[[ ENTRIES PROVIDED, beginning ]]
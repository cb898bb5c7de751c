-- ===== src/NmeaBridge/Sinks.antt =====
-- src/nmea_bridge.c: opening, closing and reading a sink, and its statistics. A pointer argument
-- is an `Option`, with `none` for null; the object behind it is returned as the call leaves it.
use esp_nmea_bridge_zephyr.Base.{
  ℕ, ◌+◌, Bool, true, false, Option, none, some, List, [], ◌∷◌, String, if◌then◌else◌, leb, length,
  get_elem?, modify, u32,
}
use esp_nmea_bridge_zephyr.Zephyr.{einval, enotconn, enomem, Status, ok, err, Timeout, Msgq}
use esp_nmea_bridge_zephyr.NmeaBridge.{Frame, SinkStats, Sink, SinkSlot, Bridge, no_sink_stats}

-- The loop of `nmea_bridge_sink_open`, up to the slot that it takes.
unfoldable pub first_free : {Q : Type 0} → List (SinkSlot Q) → ℕ → Option ℕ
first_free [] i = none
first_free (slot ∷ rest) i = if slot.active then first_free rest (i + 1) else some i

module _ {Q : Type 0} ⦃m : Msgq Frame Q⦄ where
  unfoldable pub claim : Option String → SinkSlot Q → SinkSlot Q
  claim name slot = record {
    active = true;
    name = name;
    msgq = m.purge slot.msgq;
    stats = no_sink_stats;
  }

  unfoldable pub vacate : SinkSlot Q → SinkSlot Q
  vacate slot = record slot { active = false; name = none; msgq = m.purge slot.msgq }

  unfoldable pub sink_open :
      Bridge Q → Option Sink → Option String → Status × Option Sink × Bridge Q
  unfolding claim
  sink_open b none name = (err einval, none, b)
  sink_open b (some sink) name = elim (first_free b.sinks 0) [
    | none ↦ (err enomem, some (record { id = none }), b)
    | some i ↦
        (ok, some (record { id = some i }), record b { sinks = modify b.sinks i (claim name) })
  ]

  unfoldable pub close_id : Bridge Q → Sink → Option ℕ → Sink × Bridge Q
  close_id b sink none = (sink, b)
  close_id b sink (some i) =
      if leb (length b.sinks) i
      then (sink, b)
      else (record { id = none }, record b { sinks = modify b.sinks i vacate })

  unfoldable pub sink_close : Bridge Q → Option Sink → Option Sink × Bridge Q
  unfolding close_id vacate
  sink_close b none = (none, b)
  sink_close b (some sink) = let (sink', b') = close_id b sink sink.id in (some sink', b')

  unfoldable pub consume : SinkSlot Q → Q → Status → SinkSlot Q
  consume slot q ok = record slot {
    msgq = q;
    stats = record slot.stats { consumed = u32 (slot.stats.consumed + 1) };
  }
  consume slot q (err e) = record slot { msgq = q }

  -- `k_msgq_get` on the slot's queue, and the count of a frame that was read.
  unfoldable pub take_slot :
      Bridge Q → ℕ → Timeout → Option (SinkSlot Q) → Status × Option Frame × Bridge Q
  take_slot b i t none = (err einval, none, b)
  take_slot b i t (some slot) =
      let (ret, frame, q) = m.get t slot.msgq in
      (ret, frame, record b { sinks = modify b.sinks i (λ s. consume s q ret) })

  -- The check under the lock, then the wait, in which the other threads do `meanwhile`.
  unfoldable pub take_id :
      Bridge Q → Option ℕ → Timeout → (Bridge Q → Bridge Q) → Status × Option Frame × Bridge Q
  take_id b none t meanwhile = (err enotconn, none, b)
  take_id b (some i) t meanwhile = elim (get_elem? b.sinks i) [
    | none ↦ (err einval, none, b)
    | some slot ↦
        if slot.active
        then take_slot (meanwhile b) i t (get_elem? (meanwhile b).sinks i)
        else (err enotconn, none, b)
  ]

  -- `out` says whether `frame` points somewhere. The frame read, if any, is the second result.
  unfoldable pub sink_take :
      Bridge Q
      → Option Sink
      → Bool
      → Timeout
      → (Bridge Q → Bridge Q)
      → Status × Option Frame × Bridge Q
  unfolding take_id take_slot consume
  sink_take b none out t meanwhile = (err einval, none, b)
  sink_take b (some sink) out t meanwhile =
      if out then take_id b sink.id t meanwhile else (err einval, none, b)

module _ {Q : Type 0} where
  slot_stats : Option (SinkSlot Q) → SinkStats → SinkStats
  slot_stats none stats = stats
  slot_stats (some slot) stats = slot.stats

  stats_of : Bridge Q → Option Sink → SinkStats → SinkStats
  unfolding slot_stats
  stats_of b none stats = stats
  stats_of b (some sink) stats = elim sink.id [
    | none ↦ stats
    | some i ↦ slot_stats (get_elem? b.sinks i) stats
  ]

  unfoldable pub get_sink_stats : Bridge Q → Option Sink → Option SinkStats → Option SinkStats
  unfolding stats_of
  get_sink_stats b sink none = none
  get_sink_stats b sink (some stats) = some (stats_of b sink stats)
[[ ENTRIES PROVIDED, end ]]
ASSIGNED TASK:
Of the entries above, transcribe exactly those lines that fall between the line containing "sink_close b none = (none, b)" and the line containing "take_slot b i t (some", together with those two lines.

RESPONSE TO THIS EXERCISE:
  sink_close b none = (none, b)
  sink_close b (some sink) = let (sink', b') = close_id b sink sink.id in (some sink', b')

  unfoldable pub consume : SinkSlot Q → Q → Status → SinkSlot Q
  consume slot q ok = record slot {
    msgq = q;
    stats = record slot.stats { consumed = u32 (slot.stats.consumed + 1) };
  }
  consume slot q (err e) = record slot { msgq = q }

  -- `k_msgq_get` on the slot's queue, and the count of a frame that was read.
  unfoldable pub take_slot :
      Bridge Q → ℕ → Timeout → Option (SinkSlot Q) → Status × Option Frame × Bridge Q
  take_slot b i t none = (err einval, none, b)
  take_slot b i t (some slot) =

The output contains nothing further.